→ **Source data**
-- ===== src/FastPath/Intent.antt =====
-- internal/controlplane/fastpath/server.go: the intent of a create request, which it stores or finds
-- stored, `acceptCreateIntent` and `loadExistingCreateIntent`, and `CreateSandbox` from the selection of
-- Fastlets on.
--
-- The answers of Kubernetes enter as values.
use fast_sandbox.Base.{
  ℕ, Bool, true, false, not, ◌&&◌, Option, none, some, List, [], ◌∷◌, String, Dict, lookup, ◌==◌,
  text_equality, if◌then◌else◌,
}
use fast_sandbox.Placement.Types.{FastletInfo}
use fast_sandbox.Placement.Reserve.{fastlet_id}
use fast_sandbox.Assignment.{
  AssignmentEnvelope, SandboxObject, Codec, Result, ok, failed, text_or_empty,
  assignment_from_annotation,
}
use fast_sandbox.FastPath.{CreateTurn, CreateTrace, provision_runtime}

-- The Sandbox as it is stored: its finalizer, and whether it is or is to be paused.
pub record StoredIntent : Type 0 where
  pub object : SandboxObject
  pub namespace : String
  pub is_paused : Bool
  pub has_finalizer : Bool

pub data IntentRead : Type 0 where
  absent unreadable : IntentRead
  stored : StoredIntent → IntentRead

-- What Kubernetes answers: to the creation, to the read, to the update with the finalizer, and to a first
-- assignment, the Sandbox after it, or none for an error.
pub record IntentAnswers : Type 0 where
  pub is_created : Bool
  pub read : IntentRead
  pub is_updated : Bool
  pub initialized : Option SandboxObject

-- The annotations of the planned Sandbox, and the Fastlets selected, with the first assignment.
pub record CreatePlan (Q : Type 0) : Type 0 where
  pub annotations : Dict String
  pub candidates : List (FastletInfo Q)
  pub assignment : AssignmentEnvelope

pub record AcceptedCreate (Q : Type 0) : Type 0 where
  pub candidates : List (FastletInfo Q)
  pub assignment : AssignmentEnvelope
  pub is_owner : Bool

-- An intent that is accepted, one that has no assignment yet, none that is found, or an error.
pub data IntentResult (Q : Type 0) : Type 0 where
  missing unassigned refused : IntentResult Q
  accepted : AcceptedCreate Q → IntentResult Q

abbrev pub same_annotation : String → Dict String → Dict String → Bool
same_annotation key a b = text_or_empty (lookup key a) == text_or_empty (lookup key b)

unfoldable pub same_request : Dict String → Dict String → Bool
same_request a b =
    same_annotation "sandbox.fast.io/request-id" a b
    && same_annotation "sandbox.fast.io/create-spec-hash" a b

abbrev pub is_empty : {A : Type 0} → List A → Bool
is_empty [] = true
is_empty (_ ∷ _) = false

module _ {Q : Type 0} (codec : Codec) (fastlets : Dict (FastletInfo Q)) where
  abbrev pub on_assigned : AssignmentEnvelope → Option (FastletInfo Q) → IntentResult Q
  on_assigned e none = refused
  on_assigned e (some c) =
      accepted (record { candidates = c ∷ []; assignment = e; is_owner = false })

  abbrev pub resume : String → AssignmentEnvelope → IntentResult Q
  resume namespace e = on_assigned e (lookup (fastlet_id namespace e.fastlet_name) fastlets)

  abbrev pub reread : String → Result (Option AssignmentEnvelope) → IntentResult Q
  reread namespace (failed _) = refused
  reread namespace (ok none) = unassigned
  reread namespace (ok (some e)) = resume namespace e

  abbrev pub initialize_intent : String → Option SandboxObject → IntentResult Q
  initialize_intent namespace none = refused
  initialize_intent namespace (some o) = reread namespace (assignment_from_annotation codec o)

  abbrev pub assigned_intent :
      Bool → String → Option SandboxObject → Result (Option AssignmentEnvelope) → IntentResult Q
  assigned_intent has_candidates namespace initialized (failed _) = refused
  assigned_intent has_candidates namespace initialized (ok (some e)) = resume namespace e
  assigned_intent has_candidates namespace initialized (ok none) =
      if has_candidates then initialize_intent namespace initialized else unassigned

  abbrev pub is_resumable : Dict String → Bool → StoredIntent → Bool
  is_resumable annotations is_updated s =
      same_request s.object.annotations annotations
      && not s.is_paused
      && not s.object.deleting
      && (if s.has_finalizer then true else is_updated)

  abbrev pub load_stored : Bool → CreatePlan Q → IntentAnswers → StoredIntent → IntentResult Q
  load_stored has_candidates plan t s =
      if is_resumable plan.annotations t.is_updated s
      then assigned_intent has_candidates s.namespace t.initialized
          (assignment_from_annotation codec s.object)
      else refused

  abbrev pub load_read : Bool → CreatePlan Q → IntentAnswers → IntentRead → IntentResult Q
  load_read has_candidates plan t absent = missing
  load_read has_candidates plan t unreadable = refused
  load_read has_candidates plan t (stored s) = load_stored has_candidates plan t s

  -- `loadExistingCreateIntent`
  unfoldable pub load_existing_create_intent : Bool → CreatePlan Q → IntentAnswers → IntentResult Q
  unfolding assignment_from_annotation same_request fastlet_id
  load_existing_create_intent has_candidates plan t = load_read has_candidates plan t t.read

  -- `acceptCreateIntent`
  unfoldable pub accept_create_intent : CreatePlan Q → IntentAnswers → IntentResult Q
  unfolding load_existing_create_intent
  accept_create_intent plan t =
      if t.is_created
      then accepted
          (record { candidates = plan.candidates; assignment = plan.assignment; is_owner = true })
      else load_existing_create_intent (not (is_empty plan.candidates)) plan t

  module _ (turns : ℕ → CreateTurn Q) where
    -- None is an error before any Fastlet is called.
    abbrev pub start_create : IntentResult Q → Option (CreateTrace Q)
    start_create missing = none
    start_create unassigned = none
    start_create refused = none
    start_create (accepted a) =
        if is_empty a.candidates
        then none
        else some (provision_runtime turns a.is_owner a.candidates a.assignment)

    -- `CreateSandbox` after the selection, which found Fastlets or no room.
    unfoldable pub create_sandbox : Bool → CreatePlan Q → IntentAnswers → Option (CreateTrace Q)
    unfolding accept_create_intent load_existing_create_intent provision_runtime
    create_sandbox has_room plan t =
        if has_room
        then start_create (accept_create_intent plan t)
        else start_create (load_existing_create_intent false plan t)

→ **Task directions**
Every entry above should be transcribed exactly as it appears.

→ **Answer box**
-- ===== src/FastPath/Intent.antt =====
-- internal/controlplane/fastpath/server.go: the intent of a create request, which it stores or finds
-- stored, `acceptCreateIntent` and `loadExistingCreateIntent`, and `CreateSandbox` from the selection of
-- Fastlets on.
--
-- The answers of Kubernetes enter as values.
use fast_sandbox.Base.{
  ℕ, Bool, true, false, not, ◌&&◌, Option, none, some, List, [], ◌∷◌, String, Dict, lookup, ◌==◌,
  text_equality, if◌then◌else◌,
}
use fast_sandbox.Placement.Types.{FastletInfo}
use fast_sandbox.Placement.Reserve.{fastlet_id}
use fast_sandbox.Assignment.{
  AssignmentEnvelope, SandboxObject, Codec, Result, ok, failed, text_or_empty,
  assignment_from_annotation,
}
use fast_sandbox.FastPath.{CreateTurn, CreateTrace, provision_runtime}

-- The Sandbox as it is stored: its finalizer, and whether it is or is to be paused.
pub record StoredIntent : Type 0 where
  pub object : SandboxObject
  pub namespace : String
  pub is_paused : Bool
  pub has_finalizer : Bool

pub data IntentRead : Type 0 where
  absent unreadable : IntentRead
  stored : StoredIntent → IntentRead

-- What Kubernetes answers: to the creation, to the read, to the update with the finalizer, and to a first
-- assignment, the Sandbox after it, or none for an error.
pub record IntentAnswers : Type 0 where
  pub is_created : Bool
  pub read : IntentRead
  pub is_updated : Bool
  pub initialized : Option SandboxObject

-- The annotations of the planned Sandbox, and the Fastlets selected, with the first assignment.
pub record CreatePlan (Q : Type 0) : Type 0 where
  pub annotations : Dict String
  pub candidates : List (FastletInfo Q)
  pub assignment : AssignmentEnvelope

pub record AcceptedCreate (Q : Type 0) : Type 0 where
  pub candidates : List (FastletInfo Q)
  pub assignment : AssignmentEnvelope
  pub is_owner : Bool

-- An intent that is accepted, one that has no assignment yet, none that is found, or an error.
pub data IntentResult (Q : Type 0) : Type 0 where
  missing unassigned refused : IntentResult Q
  accepted : AcceptedCreate Q → IntentResult Q

abbrev pub same_annotation : String → Dict String → Dict String → Bool
same_annotation key a b = text_or_empty (lookup key a) == text_or_empty (lookup key b)

unfoldable pub same_request : Dict String → Dict String → Bool
same_request a b =
    same_annotation "sandbox.fast.io/request-id" a b
    && same_annotation "sandbox.fast.io/create-spec-hash" a b

abbrev pub is_empty : {A : Type 0} → List A → Bool
is_empty [] = true
is_empty (_ ∷ _) = false

module _ {Q : Type 0} (codec : Codec) (fastlets : Dict (FastletInfo Q)) where
  abbrev pub on_assigned : AssignmentEnvelope → Option (FastletInfo Q) → IntentResult Q
  on_assigned e none = refused
  on_assigned e (some c) =
      accepted (record { candidates = c ∷ []; assignment = e; is_owner = false })

  abbrev pub resume : String → AssignmentEnvelope → IntentResult Q
  resume namespace e = on_assigned e (lookup (fastlet_id namespace e.fastlet_name) fastlets)

  abbrev pub reread : String → Result (Option AssignmentEnvelope) → IntentResult Q
  reread namespace (failed _) = refused
  reread namespace (ok none) = unassigned
  reread namespace (ok (some e)) = resume namespace e

  abbrev pub initialize_intent : String → Option SandboxObject → IntentResult Q
  initialize_intent namespace none = refused
  initialize_intent namespace (some o) = reread namespace (assignment_from_annotation codec o)

  abbrev pub assigned_intent :
      Bool → String → Option SandboxObject → Result (Option AssignmentEnvelope) → IntentResult Q
  assigned_intent has_candidates namespace initialized (failed _) = refused
  assigned_intent has_candidates namespace initialized (ok (some e)) = resume namespace e
  assigned_intent has_candidates namespace initialized (ok none) =
      if has_candidates then initialize_intent namespace initialized else unassigned

  abbrev pub is_resumable : Dict String → Bool → StoredIntent → Bool
  is_resumable annotations is_updated s =
      same_request s.object.annotations annotations
      && not s.is_paused
      && not s.object.deleting
      && (if s.has_finalizer then true else is_updated)

  abbrev pub load_stored : Bool → CreatePlan Q → IntentAnswers → StoredIntent → IntentResult Q
  load_stored has_candidates plan t s =
      if is_resumable plan.annotations t.is_updated s
      then assigned_intent has_candidates s.namespace t.initialized
          (assignment_from_annotation codec s.object)
      else refused

  abbrev pub load_read : Bool → CreatePlan Q → IntentAnswers → IntentRead → IntentResult Q
  load_read has_candidates plan t absent = missing
  load_read has_candidates plan t unreadable = refused
  load_read has_candidates plan t (stored s) = load_stored has_candidates plan t s

  -- `loadExistingCreateIntent`
  unfoldable pub load_existing_create_intent : Bool → CreatePlan Q → IntentAnswers → IntentResult Q
  unfolding assignment_from_annotation same_request fastlet_id
  load_existing_create_intent has_candidates plan t = load_read has_candidates plan t t.read

  -- `acceptCreateIntent`
  unfoldable pub accept_create_intent : CreatePlan Q → IntentAnswers → IntentResult Q
  unfolding load_existing_create_intent
  accept_create_intent plan t =
      if t.is_created
      then accepted
          (record { candidates = plan.candidates; assignment = plan.assignment; is_owner = true })
      else load_existing_create_intent (not (is_empty plan.candidates)) plan t

  module _ (turns : ℕ → CreateTurn Q) where
    -- None is an error before any Fastlet is called.
    abbrev pub start_create : IntentResult Q → Option (CreateTrace Q)
    start_create missing = none
    start_create unassigned = none
    start_create refused = none
    start_create (accepted a) =
        if is_empty a.candidates
        then none
        else some (provision_runtime turns a.is_owner a.candidates a.assignment)

    -- `CreateSandbox` after the selection, which found Fastlets or no room.
    unfoldable pub create_sandbox : Bool → CreatePlan Q → IntentAnswers → Option (CreateTrace Q)
    unfolding accept_create_intent load_existing_create_intent provision_runtime
    create_sandbox has_room plan t =
        if has_room
        then start_create (accept_create_intent plan t)
        else start_create (load_existing_create_intent false plan t)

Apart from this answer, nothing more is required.